Required action: A stretch of the entries below is to be set down exactly, running from the line with "pure (u32 value)" through the line with "version ← read_mmio hw base 0x01", both included, and no other line.

*** Opening of Recorded data ***

-- ===== src/Amd64/Apic.antt =====
-- sys/amd64/ioapic.c and sys/amd64/lapic.c: the interrupt controllers, whose registers lie in memory
-- at a base address in the higher half.
pub mod Lapic
pub mod Calibrate
pub mod Redirection
use qnixx.Common.{ℕ, ◌+◌, ◌*◌, ◌/◌, ◌^◌, bit_and}
use qnixx.Common.Word.{u8, u32, u64}
use qnixx.Amd64.Io.{Hardware, Io, pure, ◌>>=◌, ◌>>◌, emit, store, load, each, receive}

-- `base` is `g_ioapic_mmio_base + VMM_HIGHER_HALF`: a register is selected, then written.
unfoldable pub write_mmio : ℕ → (reg value : ℕ) → Io (Unit {0})
write_mmio base reg value = do
  emit (store 32 base (u8 reg))
  emit (store 32 (u64 (base + 0x10)) (u32 value))

unfoldable pub read_mmio : Hardware → ℕ → (reg : ℕ) → Io ℕ
read_mmio hw base reg = do
  emit (store 32 base (u8 reg))
  value ← receive hw (load 32 (u64 (base + 0x10)))
  pure (u32 value)

unfoldable pub ioapic_set_entry : ℕ → (index entry : ℕ) → Io (Unit {0})
ioapic_set_entry base index entry = do
  write_mmio base (0x10 + u8 index * 2) (u32 entry)
  write_mmio base (0x10 + u8 index * 2 + 1) (u32 (entry / 2 ^ 32))

-- Every entry of the redirection table is masked.
unfoldable pub ioapic_init : Hardware → ℕ → Io (Unit {0})
ioapic_init hw base = do
  version ← read_mmio hw base 0x01
  each (bit_and (version / 2 ^ 16) 0xFF + 1) 0 (λ i. ioapic_set_entry base i (2 ^ 16))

*** Close of Recorded data ***

Task output:
  pure (u32 value)

unfoldable pub ioapic_set_entry : ℕ → (index entry : ℕ) → Io (Unit {0})
ioapic_set_entry base index entry = do
  write_mmio base (0x10 + u8 index * 2) (u32 entry)
  write_mmio base (0x10 + u8 index * 2 + 1) (u32 (entry / 2 ^ 32))

-- Every entry of the redirection table is masked.
unfoldable pub ioapic_init : Hardware → ℕ → Io (Unit {0})
ioapic_init hw base = do
  version ← read_mmio hw base 0x01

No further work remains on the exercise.